Generation-Skipping Transfer Tax (GSTT):
A transfer tax generally assessed on gifts in excess of $1 million to grandchildren, great-grandchildren or others at least two generations below the individual making the gift. It is a flat tax computed with reference to the minimum federal estate tax applicable at the time of the transfer, which is currently 55 percent. There may also be a state generation-skipping transfer tax.
Gift Tax:
A tax imposed by the federal government, and some states, on a person giving money or property to a non-charitable person or organization. The giver owes the tax.
Gross Estate:
The total property or assets held by an individual as defined for federal estate tax purposes.
Guardian:
An individual legally appointed to manage the rights and/or property of a person incapable of taking care of his or her own affairs.
Intestate:
The term applied when an individual dies without a will.
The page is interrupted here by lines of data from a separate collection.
-- ===== src/Instance/Resize/Offline.antt =====
-- When the type of an instance is changed.
use mathlib.Core.Path.{subst}
use terraform_provider_linod.Prelude.Runs.{
  Sure, Sure-step, Sure-last, Sure-done, Sure-fail, Sure-map, Sure-explained, Sure-after, Every,
  Kept, Kept-holds, Kept-step, Kept-call, Kept-last, Kept-then, Kept-after, Kept-explained,
}
use terraform_provider_linod.Prelude.{
  ℕ, zero, suc, String, Bool, true, false, ◌≡◌, refl, sym, ◌∙◌, ◌≤◌, ltb, ◌!=◌, nat_eq, Option,
  none, some, [], ◌∷◌, arith, length,
}
use terraform_provider_linod.Instance.{
  LinodeType, Status, offline, running, booting, rebooting, shutting_down, other, Instance, Disk,
  Migration, cold, warm, linode_resize, Call, resize_instance, new_event_poller, Client, History,
  Run,
}
use terraform_provider_linod.Instance.Semantics.{PowerSemantics}
use terraform_provider_linod.Instance.Power.{ensure_instance_offline, stop_to_offline}
use terraform_provider_linod.Instance.Power.Reached.{ensure_offline_stops}
use terraform_provider_linod.Instance.Resize.{
  TypeChange, spec_size_sum, fail_when, validate_implicit_disks, get_disk_size_sum,
  get_primary_implicit_disk, wait_for_instance_disk_size_change, changed_or, start_state,
  primary_disk, wait_for_size, change_instance_type, assert_disk_config_fits_instance_type,
  check_resize_disk, apply_instance_type_change, implicit_disks_invalid,
}

abbrev pub OfflineIf : Migration → Status → Type 0
OfflineIf cold s = s ≡ offline
OfflineIf warm s = Unit

-- A resize of the instance is judged: it is to the new type, on which the new disks fit, and a cold
-- migration finds the instance offline.
abbrev pub TypeAllowed :
    Instance → LinodeType → TypeChange → (History → Status) → Call → History → Type 0
TypeAllowed i typ d status_of (resize_instance n o) h =
    (n ≡ i.id)
    × (o.target_type ≡ typ.id)
    × (spec_size_sum d.new_disks ≤ typ.disk_capacity)
    × OfflineIf d.migration_type (status_of h)
TypeAllowed i typ d status_of _ h = Unit

fits_type :
    (d : TypeChange) (typ : LinodeType)
    → ltb typ.disk_capacity (spec_size_sum d.new_disks) ≡ false
    → spec_size_sum d.new_disks ≤ typ.disk_capacity
fits_type d typ e = ground arith

module _ (client : Client) (i : Instance) (typ : LinodeType) (d : TypeChange)
    (status_of : History → Status) (semantics : PowerSemantics client i.id status_of) where
  abbrev Allowed : Call → History → Type 0
  Allowed c h = TypeAllowed i typ d status_of c h

  fail_when-Kept :
      (b : Bool) (message : String) (h : History)
      → Every Allowed h
      → Kept Allowed (fail_when b message h)
  fail_when-Kept true message h kept = Kept-last _ _ _ kept
  fail_when-Kept false message h kept = Kept-last _ _ _ kept

  fail_when-Sure :
      (b : Bool) (message : String) (h : History)
      → Sure (λ a h'. (b ≡ false) × (h' ≡ h)) (fail_when b message h)
  fail_when-Sure true message h = Sure-fail _ _ _
  fail_when-Sure false message h = Sure-done _ _ _ (refl, refl)

  check-Kept :
      (b : Bool) (h : History)
      → Every Allowed h
      → Kept Allowed (check_resize_disk client b d i typ h)
  unfolding validate_implicit_disks get_disk_size_sum
  check-Kept false h kept = Kept-last _ _ _ kept
  check-Kept true h kept = Kept-then _ _ _ (fail_when-Kept d.explicit_disks _ h kept) (λ a h1 k1.
      Kept-then _ _ _
        (Kept-step _ _ _ _ _ (tt, k1)
          (λ disks e k2. fail_when-Kept (implicit_disks_invalid disks) _ _ k2))
        (λ b h2 k2.
          Kept-then _ _ _
            (Kept-explained _ _ _ (Kept-step _ _ _ _ _ (tt, k2) (λ disks e k3. Kept-last _ _ _ k3)))
            (λ used h3 k3. fail_when-Kept (ltb typ.disk_capacity used) _ h3 k3)))

  stop-Kept :
      (seen : Instance) (s : Status) (h : History)
      → Every Allowed h
      → Kept Allowed (stop_to_offline client i.id seen s h)
  stop-Kept seen offline h kept = Kept-last _ _ _ kept
  stop-Kept seen shutting_down h kept = Kept-last _ _ _ (tt, kept)
  stop-Kept seen running h kept = Kept-call _ _ _ _ (tt, kept) (λ a e k. Kept-last _ _ _ (tt, k))
  stop-Kept seen booting h kept = Kept-call _ _ _ _ (tt, kept) (λ a e k. Kept-last _ _ _ (tt, k))
  stop-Kept seen rebooting h kept = Kept-call _ _ _ _ (tt, kept) (λ a e k. Kept-last _ _ _ (tt, k))
  stop-Kept seen (other s) h kept = Kept-call _ _ _ _ (tt, kept) (λ a e k. Kept-last _ _ _ (tt, k))

  start-Kept :
      (m : Migration) (h : History) → Every Allowed h → Kept Allowed (start_state client m i.id h)
  unfolding ensure_instance_offline
  start-Kept cold h kept =
      Kept-explained _ _ _
        (Kept-call _ _ _ _ (tt, kept) (λ seen e k. stop-Kept seen seen.status _ k))
  start-Kept warm h kept = Kept-explained _ _ _ (Kept-last _ _ _ (tt, kept))

  abbrev Started : Migration → Instance → History → Type 0
  Started m seen h = (seen.id ≡ i.id) × OfflineIf m (status_of h)

  start-Sure : (m : Migration) (h : History) → Sure (Started m) (start_state client m i.id h)
  start-Sure cold h =
      Sure-explained _ _ _
        (Sure-map _ _ _ (λ seen h' s. (s.2, s.0)) (ensure_offline_stops semantics h))
  start-Sure warm h =
      Sure-explained _ _ _ (Sure-last _ _ _ (λ seen e. ((semantics.told h seen e).1, tt)))

  primary-Kept :
      (b : Bool) (h : History) → Every Allowed h → Kept Allowed (primary_disk client b i.id h)
  unfolding get_primary_implicit_disk
  primary-Kept false h kept = Kept-last _ _ _ kept
  primary-Kept true h kept =
      Kept-step _ _ _ _ _ (tt, kept)
        (λ disks e k.
          Kept-then _ _ _ (fail_when-Kept (ltb 2 (length disks)) _ _ k)
            (λ a h1 k1. Kept-last _ _ _ k1))

  primary-Sure :
      (b : Bool) (h : History)
      → Sure (λ p h'. status_of h' ≡ status_of h) (primary_disk client b i.id h)
  unfolding get_primary_implicit_disk
  primary-Sure false h = Sure-done _ _ _ refl
  primary-Sure true h = Sure-step _ _ _ _ _ (λ disks e.
      Sure-after _ _ _ _ (fail_when-Sure (ltb 2 (length disks)) _ _)
        (λ a h1 same. Sure-done _ _ _ (rw same.1 (semantics.kept _ h tt))))

  changed-Kept :
      (b : Bool) (disk : Disk) (again : Run Disk) (h : History)
      → Every Allowed h
      → Kept Allowed (again h)
      → Kept Allowed (changed_or client b disk again h)
  changed-Kept true disk again h kept next = Kept-last _ _ _ kept
  changed-Kept false disk again h kept next = next

  size_change-Kept :
      (ticks n disk old_size : ℕ) (h : History)
      → Every Allowed h
      → Kept Allowed (wait_for_instance_disk_size_change client n disk old_size ticks h)
  unfolding wait_for_instance_disk_size_change
  size_change-Kept zero n disk old_size h kept = Kept-last _ _ _ kept
  size_change-Kept (suc ticks) n disk old_size h kept =
      Kept-call _ _ _ _ (tt, kept)
        (λ seen e k.
          changed-Kept (seen.size != old_size) seen _ _ k
            (size_change-Kept ticks n disk old_size _ k))

  wait_for_size-Kept :
      (ticks : ℕ) (seen : Instance) (primary : Option Disk) (h : History)
      → Every Allowed h
      → Kept Allowed (wait_for_size client ticks seen primary h)
  wait_for_size-Kept ticks seen none h kept = Kept-last _ _ _ kept
  wait_for_size-Kept ticks seen (some disk) h kept =
      Kept-then _ _ _
        (Kept-explained _ _ _ (size_change-Kept ticks seen.id disk.id disk.size h kept))
        (λ a h1 k1. Kept-last _ _ _ k1)

  still_there :
      (seen : Instance) (h1 h2 : History)
      → seen.id ≡ i.id
      → status_of h2 ≡ status_of h1
      → status_of h1 ≡ status_of (new_event_poller seen.id linode_resize ∷ h2)
  still_there seen h1 h2 same e = rw same (sym (semantics.kept _ h2 tt ∙ e))

  change-Kept :
      (ticks : ℕ) (h : History)
      → spec_size_sum d.new_disks ≤ typ.disk_capacity
      → Every Allowed h
      → Kept Allowed
          (change_instance_type client ticks i.id typ.id d.migration_type d.resize_disk h)
  unfolding change_instance_type
  change-Kept ticks h fits kept =
      Kept-after _ (Started d.migration_type) _ _ (start-Kept d.migration_type h kept)
        (start-Sure d.migration_type h)
        (λ seen h1 k1 started.
          Kept-after _ (λ p h'. status_of h' ≡ status_of h1) _ _ (primary-Kept d.resize_disk h1 k1)
            (primary-Sure d.resize_disk h1)
            (λ primary h2 k2 same.
              Kept-step _ _ _ _ _ (tt, k2)
                (λ a e k3.
                  Kept-step _ _ _ _ _
                    (
                      (
                        started.0,
                        refl,
                        fits,
                        subst (OfflineIf d.migration_type) (still_there seen h1 h2 started.0 same)
                            started.1,
                      ),
                      k3,
                    )
                    (λ b e1 k4.
                      Kept-step _ _ _ _ _ (tt, k4)
                        (λ c e2 k5.
                          Kept-step _ _ _ _ _ (tt, k5)
                            (λ resized e3 k6. wait_for_size-Kept ticks resized primary _ k6))))))

-- If the API keeps to the power semantics, a change of type, also one that fails, resizes only this
-- instance, only to the new type, only if the new disks fit on that type, and in a cold migration only
-- while the instance is offline.
pub apply_instance_type_change_resizes :
    (client : Client) (ticks : ℕ) (d : TypeChange) (i : Instance) (typ : LinodeType)
    (status_of : History → Status)
    → PowerSemantics client i.id status_of
    → Every
        (λ c h. TypeAllowed i typ d status_of c h)
        (apply_instance_type_change client ticks d i typ []).1
unfolding apply_instance_type_change assert_disk_config_fits_instance_type
apply_instance_type_change_resizes client ticks d i typ status_of semantics = Kept-holds _ _ (
    Kept-then _ _ _ (check-Kept client i typ d status_of semantics d.resize_disk [] tt) (λ a h1 k1.
      Kept-after _ (λ b h'. spec_size_sum d.new_disks ≤ typ.disk_capacity) _ _
        (fail_when-Kept client i typ d status_of semantics _ _ h1 k1)
        (Sure-map _ _ _ (λ b h' s. fits_type d typ s.0)
          (fail_when-Sure client i typ d status_of semantics _ _ h1))
        (λ b h2 k2 fits. change-Kept client i typ d status_of semantics ticks h2 fits k2)))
Irrevocable Life Insurance Trust (ILIT):
A type of irrevocable trust designed to hold life insurance so it will not be taxed in the insured's estate. Intestacy: The state of dying without a will. State law governs who gets the property owned by the deceased person.
Joint Tenancy:
Two or more people owning property jointly in a form that allows the property to automatically become titled in the names of the remaining owners upon the death of any owner.
Life Insurance Trust:
A trust that has the proceeds of an individual's life insurance policy as its principal.
Living Trust:
A trust created during your lifetime. It is revocable, which means it can be amended or terminated anytime while you are competent. It is legally referred to as a revocable inter vivos trust. The trust becomes irrevocable upon your death. A living trust is used primarily to avoid probate and manage property. It does not save taxes.
Living Will:
Frequently confused with a will or a living trust. A living will is a document giving instructions about health care. It is also called a physician's directive or a health care directive and is commonly said to give instructions for ending nutrition and hydration, and extraordinary medical measures.
Marital Exemption:
No federal estate or gift tax is owed for property passed to a spouse who is an American citizen.
Payable on Death or Transfer on Death:
A form of ownership in which the owner has control of the account or property during his or her lifetime. When the owner dies, the property automatically goes to the designated person.
Pour-Over Will:
A will that transfers property owned by you at your death to a trust. There must be a previously existing trust to receive these assets.
Power of Attorney:
A legal document allowing one person, the agent, to act on behalf of another, the principal. It may be general and unlimited, or special and limited to specific purposes. The death or incompetence of the principal revokes a power of attorney unless it is a durable power. A durable power is not affected by the incompetence of the principal.
Probate:
A legal proceeding to determine the validity of a will. If the deceased person had no will, the probate court will determine the disposition of the estate in accordance with Ohio laws.
Trust:
A contract between a trust maker and a trustee, establishing a separate legal entity for the benefit of beneficiaries. The separate entity is now the owner of the property in the trust. Since the entity owning the property does not die, there is no need for probate on the death of the trust maker to pass on the property. Trusts can be irrevocable- cannot be changed- or revocable, also called a living trust.
Trustee:
The person designated to safeguard the assets and properly distribute them, according to the terms of the trust.
Will:
A legally executed document that directs how and to whom a person's property is to be distributed after death.